When you spot the word "refl" in a line of the data below, copy that line.

Dataset records
BEGIN

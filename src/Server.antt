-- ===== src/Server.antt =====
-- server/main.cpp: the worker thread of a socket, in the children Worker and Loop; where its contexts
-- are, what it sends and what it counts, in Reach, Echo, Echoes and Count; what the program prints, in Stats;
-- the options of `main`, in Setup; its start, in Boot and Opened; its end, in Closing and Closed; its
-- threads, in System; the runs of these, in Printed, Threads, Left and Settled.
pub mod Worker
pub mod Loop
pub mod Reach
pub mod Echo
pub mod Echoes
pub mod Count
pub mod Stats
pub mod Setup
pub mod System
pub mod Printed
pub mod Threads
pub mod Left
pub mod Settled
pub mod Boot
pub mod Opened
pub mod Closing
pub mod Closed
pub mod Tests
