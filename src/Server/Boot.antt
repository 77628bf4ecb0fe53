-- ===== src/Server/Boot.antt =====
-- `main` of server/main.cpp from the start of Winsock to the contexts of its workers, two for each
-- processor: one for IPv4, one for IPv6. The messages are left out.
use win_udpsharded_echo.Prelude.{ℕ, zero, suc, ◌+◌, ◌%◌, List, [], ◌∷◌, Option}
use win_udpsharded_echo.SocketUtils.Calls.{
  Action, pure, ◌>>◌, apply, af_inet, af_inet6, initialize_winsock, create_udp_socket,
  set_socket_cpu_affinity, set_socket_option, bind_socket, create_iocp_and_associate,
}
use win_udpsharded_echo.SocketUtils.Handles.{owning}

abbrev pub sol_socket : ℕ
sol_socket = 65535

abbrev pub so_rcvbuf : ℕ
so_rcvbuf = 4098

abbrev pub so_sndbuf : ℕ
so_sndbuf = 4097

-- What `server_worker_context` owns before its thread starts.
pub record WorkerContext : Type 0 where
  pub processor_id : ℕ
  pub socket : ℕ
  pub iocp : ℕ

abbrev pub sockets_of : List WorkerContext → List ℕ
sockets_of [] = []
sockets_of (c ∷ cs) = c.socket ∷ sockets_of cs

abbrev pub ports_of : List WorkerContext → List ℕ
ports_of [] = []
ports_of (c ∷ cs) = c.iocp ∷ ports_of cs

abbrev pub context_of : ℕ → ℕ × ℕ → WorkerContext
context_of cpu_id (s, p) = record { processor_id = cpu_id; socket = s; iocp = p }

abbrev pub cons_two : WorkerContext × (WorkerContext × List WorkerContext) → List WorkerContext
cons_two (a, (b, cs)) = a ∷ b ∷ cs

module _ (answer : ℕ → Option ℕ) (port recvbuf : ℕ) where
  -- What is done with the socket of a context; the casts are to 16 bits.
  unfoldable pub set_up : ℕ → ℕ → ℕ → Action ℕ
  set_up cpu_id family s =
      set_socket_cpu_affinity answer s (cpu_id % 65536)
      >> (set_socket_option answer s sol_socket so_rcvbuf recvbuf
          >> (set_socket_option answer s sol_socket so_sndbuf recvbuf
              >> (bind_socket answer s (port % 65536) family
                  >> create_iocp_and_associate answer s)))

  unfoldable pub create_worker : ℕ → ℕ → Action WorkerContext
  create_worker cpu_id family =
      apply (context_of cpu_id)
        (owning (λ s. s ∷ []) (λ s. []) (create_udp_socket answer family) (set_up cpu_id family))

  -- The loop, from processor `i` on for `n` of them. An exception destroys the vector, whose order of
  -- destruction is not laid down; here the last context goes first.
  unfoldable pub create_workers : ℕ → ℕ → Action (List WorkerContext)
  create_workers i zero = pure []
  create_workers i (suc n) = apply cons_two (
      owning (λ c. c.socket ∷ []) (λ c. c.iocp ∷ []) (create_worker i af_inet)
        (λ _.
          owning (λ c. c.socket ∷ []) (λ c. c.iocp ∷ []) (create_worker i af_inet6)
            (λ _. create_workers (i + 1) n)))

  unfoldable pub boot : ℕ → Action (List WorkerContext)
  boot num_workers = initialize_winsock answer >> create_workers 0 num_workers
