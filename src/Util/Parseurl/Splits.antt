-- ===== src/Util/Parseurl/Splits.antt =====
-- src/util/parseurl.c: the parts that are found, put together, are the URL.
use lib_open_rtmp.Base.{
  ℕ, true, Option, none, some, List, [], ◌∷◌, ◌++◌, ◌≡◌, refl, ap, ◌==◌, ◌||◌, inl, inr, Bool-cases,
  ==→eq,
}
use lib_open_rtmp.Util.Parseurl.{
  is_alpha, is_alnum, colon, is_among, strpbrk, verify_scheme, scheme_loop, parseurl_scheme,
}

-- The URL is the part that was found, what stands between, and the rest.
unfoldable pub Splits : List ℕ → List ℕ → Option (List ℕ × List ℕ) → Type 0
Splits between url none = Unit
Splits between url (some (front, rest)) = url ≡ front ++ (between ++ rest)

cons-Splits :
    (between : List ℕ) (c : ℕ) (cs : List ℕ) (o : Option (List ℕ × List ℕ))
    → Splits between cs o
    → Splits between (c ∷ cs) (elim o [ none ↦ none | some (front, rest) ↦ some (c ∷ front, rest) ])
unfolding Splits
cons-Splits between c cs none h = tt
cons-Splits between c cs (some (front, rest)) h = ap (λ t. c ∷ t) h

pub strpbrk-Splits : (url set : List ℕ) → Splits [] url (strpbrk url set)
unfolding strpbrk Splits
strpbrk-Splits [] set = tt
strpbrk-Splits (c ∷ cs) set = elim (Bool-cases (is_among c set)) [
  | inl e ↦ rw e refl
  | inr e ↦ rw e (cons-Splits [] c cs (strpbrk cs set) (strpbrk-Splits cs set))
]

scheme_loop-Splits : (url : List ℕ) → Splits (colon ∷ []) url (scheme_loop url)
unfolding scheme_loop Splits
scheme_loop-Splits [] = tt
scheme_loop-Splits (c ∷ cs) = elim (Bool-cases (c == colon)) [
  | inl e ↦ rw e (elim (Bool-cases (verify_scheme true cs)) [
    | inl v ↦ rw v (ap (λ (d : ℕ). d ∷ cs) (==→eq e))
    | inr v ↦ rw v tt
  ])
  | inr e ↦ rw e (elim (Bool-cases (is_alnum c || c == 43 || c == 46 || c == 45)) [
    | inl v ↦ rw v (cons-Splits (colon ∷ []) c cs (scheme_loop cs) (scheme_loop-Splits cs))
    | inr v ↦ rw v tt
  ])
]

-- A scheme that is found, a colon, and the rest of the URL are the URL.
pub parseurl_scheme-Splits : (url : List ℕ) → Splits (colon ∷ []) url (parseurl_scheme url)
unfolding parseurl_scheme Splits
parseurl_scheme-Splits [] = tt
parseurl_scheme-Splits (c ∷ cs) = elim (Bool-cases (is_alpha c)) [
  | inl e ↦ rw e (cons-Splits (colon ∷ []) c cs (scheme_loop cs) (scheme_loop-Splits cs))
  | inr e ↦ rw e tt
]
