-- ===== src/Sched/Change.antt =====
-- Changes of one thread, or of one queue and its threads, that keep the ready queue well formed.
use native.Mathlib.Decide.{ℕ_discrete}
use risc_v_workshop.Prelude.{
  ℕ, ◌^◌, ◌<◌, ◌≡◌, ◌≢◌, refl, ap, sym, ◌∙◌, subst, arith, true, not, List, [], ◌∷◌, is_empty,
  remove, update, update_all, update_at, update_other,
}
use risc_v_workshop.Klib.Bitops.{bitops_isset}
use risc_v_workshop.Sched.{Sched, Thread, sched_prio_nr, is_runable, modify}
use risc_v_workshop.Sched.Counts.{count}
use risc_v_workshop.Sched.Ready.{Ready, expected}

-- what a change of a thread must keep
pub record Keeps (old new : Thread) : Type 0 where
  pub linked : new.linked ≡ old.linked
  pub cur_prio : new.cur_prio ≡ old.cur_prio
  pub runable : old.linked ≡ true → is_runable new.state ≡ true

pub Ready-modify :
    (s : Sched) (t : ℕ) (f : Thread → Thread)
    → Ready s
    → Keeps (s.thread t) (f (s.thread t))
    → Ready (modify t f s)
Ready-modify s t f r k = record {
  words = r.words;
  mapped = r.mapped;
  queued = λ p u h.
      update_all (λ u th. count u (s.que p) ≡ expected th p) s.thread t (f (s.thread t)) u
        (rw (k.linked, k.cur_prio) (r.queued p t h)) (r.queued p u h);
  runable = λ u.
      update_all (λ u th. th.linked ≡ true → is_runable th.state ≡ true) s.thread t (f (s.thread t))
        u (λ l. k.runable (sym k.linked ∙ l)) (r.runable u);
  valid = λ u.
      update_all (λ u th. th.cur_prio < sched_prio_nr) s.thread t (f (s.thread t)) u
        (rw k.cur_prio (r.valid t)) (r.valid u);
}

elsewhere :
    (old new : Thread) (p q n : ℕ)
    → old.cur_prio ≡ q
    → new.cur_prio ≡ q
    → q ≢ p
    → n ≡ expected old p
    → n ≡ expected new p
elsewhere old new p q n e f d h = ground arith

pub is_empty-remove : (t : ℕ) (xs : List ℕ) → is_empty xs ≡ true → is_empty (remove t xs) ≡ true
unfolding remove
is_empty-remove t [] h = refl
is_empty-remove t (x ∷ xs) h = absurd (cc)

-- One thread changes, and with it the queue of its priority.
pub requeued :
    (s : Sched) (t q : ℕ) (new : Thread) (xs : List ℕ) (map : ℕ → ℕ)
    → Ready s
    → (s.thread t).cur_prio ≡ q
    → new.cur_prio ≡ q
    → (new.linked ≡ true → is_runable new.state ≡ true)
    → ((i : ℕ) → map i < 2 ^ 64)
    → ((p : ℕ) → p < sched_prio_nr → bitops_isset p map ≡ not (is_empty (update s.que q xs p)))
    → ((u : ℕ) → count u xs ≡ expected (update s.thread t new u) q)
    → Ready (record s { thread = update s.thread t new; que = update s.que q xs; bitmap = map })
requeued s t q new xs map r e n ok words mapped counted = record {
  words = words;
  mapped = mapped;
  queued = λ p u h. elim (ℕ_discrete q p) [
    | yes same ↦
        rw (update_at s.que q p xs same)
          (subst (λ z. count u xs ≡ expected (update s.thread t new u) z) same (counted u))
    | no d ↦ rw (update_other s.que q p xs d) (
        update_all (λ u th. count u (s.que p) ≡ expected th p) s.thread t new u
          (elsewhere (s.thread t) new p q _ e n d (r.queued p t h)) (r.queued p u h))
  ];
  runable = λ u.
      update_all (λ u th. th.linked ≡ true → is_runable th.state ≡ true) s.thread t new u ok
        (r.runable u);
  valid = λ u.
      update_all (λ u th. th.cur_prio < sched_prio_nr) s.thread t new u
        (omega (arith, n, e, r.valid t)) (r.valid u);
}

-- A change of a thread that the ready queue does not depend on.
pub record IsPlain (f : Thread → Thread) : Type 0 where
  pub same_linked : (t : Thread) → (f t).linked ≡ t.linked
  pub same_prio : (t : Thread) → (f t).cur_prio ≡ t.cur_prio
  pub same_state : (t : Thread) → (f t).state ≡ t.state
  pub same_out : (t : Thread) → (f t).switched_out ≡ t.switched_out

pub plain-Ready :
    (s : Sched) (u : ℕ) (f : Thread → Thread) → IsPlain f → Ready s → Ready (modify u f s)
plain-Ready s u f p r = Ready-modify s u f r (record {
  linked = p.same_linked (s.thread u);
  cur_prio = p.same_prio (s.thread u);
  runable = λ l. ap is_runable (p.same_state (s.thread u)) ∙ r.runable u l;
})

END

▶ **Solution for this task**:
  ℕ, true, Option, none, some, List, [], ◌∷◌, ◌++◌, ◌≡◌, refl, ap, ◌==◌, ◌||◌, inl, inr, Bool-cases,
  | inl e ↦ rw e refl
  ℕ, ◌^◌, ◌<◌, ◌≡◌, ◌≢◌, refl, ap, sym, ◌∙◌, subst, arith, true, not, List, [], ◌∷◌, is_empty,
is_empty-remove t [] h = refl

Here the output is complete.